Il “permaban”: di cosa si tratta?

Lo spauracchio che fa da padrone per i creator, però, è soprattutto il ban imposto dalla piattaforma, che può essere immediato ed essere temporaneo (fino a 30 giorni) o a tempo indeterminato. Questo secondo caso in gergo si chiama “permaban” e non si può contestare (come succede con altri social) in nessun modo: può essere un grande problema per gli utenti che vivono dei ricavati della piattaforma, tramite donazioni e pubblicità. Ad attirare un ban, si legge guardando il regolamento pubblicato online, possono essere frasi o atteggiamenti violenti, contro la privacy, illegali, autolesionisti, pornografici, discriminatori, d’istigazione all’odio, lesive della dignità. Definizioni precise ma, diciamolo, anche decisamente troppo “aperte” e ampie. Diventa difficile, in buona sostanza, per molti creator pensare di aggirare così tanti divieti, che lasciano discrezionalità ai moderatori della piattaforma di decidere della loro carriera. 

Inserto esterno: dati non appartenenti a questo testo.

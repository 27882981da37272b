-- ===== src/ControllerRef.antt =====
-- Ownership of children: pkg/dynamic/controllerref (owner references, the claims of unstructured
-- children and of ControllerRevisions) over pkg/third_party/kubernetes/controller_ref_manager.go.
-- The API server answers through parameters; each call of it is recorded in the state.
pub mod References
pub mod Claims
pub mod Claimed
mod Tests
use metacontroller.Prelude.{
  ℕ, suc, String, Bool, true, false, not, ◌||◌, ◌&&◌, Option, none, some, List, [], ◌∷◌, ◌++◌, ◌==◌,
  string_eq, if◌then◌else◌, is_some,
}
use metacontroller.Objects.{OwnerReference, Accessors}

-- The loop of `addOwnerReference`: the rebuilt list and whether the owner was found.
add_loop : List OwnerReference → OwnerReference → List OwnerReference × Bool
add_loop [] add = ([], false)
add_loop (ref ∷ refs) add =
    let (out, found) = add_loop refs add in
    if ref.uid == add.uid then (add ∷ out, true) else (ref ∷ out, found)

unfoldable pub add_owner_reference : List OwnerReference → OwnerReference → List OwnerReference
unfolding add_loop
add_owner_reference refs add =
    let (out, found) = add_loop refs add in if found then out else out ++ (add ∷ [])

unfoldable pub remove_owner_reference : List OwnerReference → String → List OwnerReference
remove_owner_reference [] uid = []
remove_owner_reference (ref ∷ refs) uid =
    let rest = remove_owner_reference refs uid in if not (ref.uid == uid) then ref ∷ rest else rest

-- An error by its API reason, which wrapping with `%w` keeps.
pub data Reason : Type 0 where
  not_found gone conflict already_exists bad_request forbidden other : Reason

abbrev pub is_not_found : Reason → Bool
is_not_found not_found = true
is_not_found _ = false

abbrev pub is_gone : Reason → Bool
is_gone gone = true
is_gone _ = false

pub data Call (Obj : Type 0) : Type 0 where
  adopting : Obj → Call Obj
  releasing : Obj → Call Obj

-- A manager for one parent, and what is outside of it: the selector, the controller of an object
-- (metav1.GetControllerOf), the answer of the API server to an update, and the answer of
-- `CanAdoptFunc`, if there is one.
pub record Manager (Obj : Type 0) : Type 0 where
  pub uid : String
  pub deletion_timestamp : Option String
  pub matches : Obj → Bool
  pub controller_of : Obj → Option OwnerReference
  pub update : Call Obj → Option Reason
  pub can_adopt_func : Option (Option Reason)

-- `canAdoptOnce` and `canAdoptErr` are one memory: `none` until the first call. `checks` counts the
-- runs of `CanAdoptFunc`.
pub record State (Obj : Type 0) : Type 0 where
  pub memo : Option (Option Reason)
  pub checks : ℕ
  pub calls : List (Call Obj)

abbrev pub initial : {Obj : Type 0} → State Obj
initial = record { memo = none; checks = 0; calls = [] }

-- The body that `canAdoptOnce` runs.
ask : {Obj : Type 0} → Option (Option Reason) → State Obj → Option Reason × State Obj
ask none s = (none, record s { memo = some none })
ask (some answer) s = (answer, record s { memo = some answer; checks = suc s.checks })

module _ {Obj : Type 0} (acc : Accessors Obj) (m : Manager Obj) where
  unfoldable pub can_adopt : State Obj → Option Reason × State Obj
  unfolding ask
  can_adopt s = elim s.memo [ some answer ↦ (answer, s) | none ↦ ask m.can_adopt_func s ]

  -- `AtomicUpdate` and `UpdateWithRetries`, by their answer.
  request : Call Obj → State Obj → Option Reason × State Obj
  request call s = (m.update call, record s { calls = s.calls ++ (call ∷ []) })

  adopt_if : Obj → Option Reason × State Obj → Option Reason × State Obj
  adopt_if o (none, s) = request (adopting o) s
  adopt_if o (some e, s) = (some e, s)

  -- `adoptChild` and `adoptControllerRevision`.
  unfoldable pub adopt_child : Obj → State Obj → Option Reason × State Obj
  unfolding can_adopt adopt_if request
  adopt_child o s = adopt_if o (can_adopt s)

  forgive_missing : Option Reason × State Obj → Option Reason × State Obj
  forgive_missing (none, s) = (none, s)
  forgive_missing (some e, s) = if is_not_found e || is_gone e then (none, s) else (some e, s)

  -- `releaseChild` and `releaseControllerRevision`.
  unfoldable pub release_child : Obj → State Obj → Option Reason × State Obj
  unfolding request forgive_missing
  release_child o s = forgive_missing (request (releasing o) s)

  -- The result of `ClaimObject` after an adoption or a release that may have failed.
  settle : Bool → Option Reason × State Obj → (Bool × Option Reason) × State Obj
  settle done (none, s) = ((done, none), s)
  settle done (some e, s) = if is_not_found e then ((false, none), s) else ((false, some e), s)

  -- `ClaimObject`.
  unfoldable pub claim_object : Obj → State Obj → (Bool × Option Reason) × State Obj
  unfolding settle
  claim_object o s = elim (m.controller_of o) [
    | some ref ↦
        if not (ref.uid == m.uid)
        then ((false, none), s)
        else if m.matches o
        then ((true, none), s)
        else if is_some m.deletion_timestamp
        then ((false, none), s)
        else settle false (release_child o s)
    | none ↦
        if is_some m.deletion_timestamp || not (m.matches o)
        then ((false, none), s)
        else if is_some (acc.deletion_timestamp o)
        then ((false, none), s)
        else settle true (adopt_child o s)
  ]

  -- What `ClaimChildren` and `ClaimControllerRevisions` gather: the claimed objects and the errors.
  abbrev pub Gathered : Type 0
  Gathered = List Obj × List Reason

  gather : Obj → Bool × Option Reason → Gathered → Gathered
  gather o (done, some e) (claimed, errors) = (claimed, e ∷ errors)
  gather o (done, none) (claimed, errors) =
      if done then (o ∷ claimed, errors) else (claimed, errors)

  unfoldable pub claim_children : List Obj → State Obj → Gathered × State Obj
  unfolding gather
  claim_children [] s = (([], []), s)
  claim_children (o ∷ children) s =
      let (result, s') = claim_object o s in
      let (gathered, s'') = claim_children children s' in (gather o result gathered, s'')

Se, da un lato, la tecnologia e il mondo dei social corre “veloce” in rete, e nelle vite quotidiane, dall’altro il bivio è inevitabile e qual è il miglior approccio? Il confine si mantiene attorno a due: meno regole di moderazione che rischiano di lasciare impuniti alcuni comportamenti sbagliati o più regole che rischiano, però, di punire anche quando non sarebbe necessario? E, ancora, se i social “diventano tutto il mondo” dei bambini, dei ragazzi (e non solo) e di chi, come chi scrive, li usa per lavoro, qual è il rischio nella vita “reale”?

E’ un discorso lungo e complesso, così come l’impegno in tal direzione, che, da un lato, deve trovare il suo focus nella necessità di impedire che la distanza tra noi e i nativi digitali diventi incolmabile e, dall’altro, imparare dalla tecnologia, sempre più, per stare al passo con i tempi e per veicolare, al “meglio”, il proprio compito comunicativo/educativo, per interagire con i propri lettori o per lanciare iniziative sociali coinvolgenti.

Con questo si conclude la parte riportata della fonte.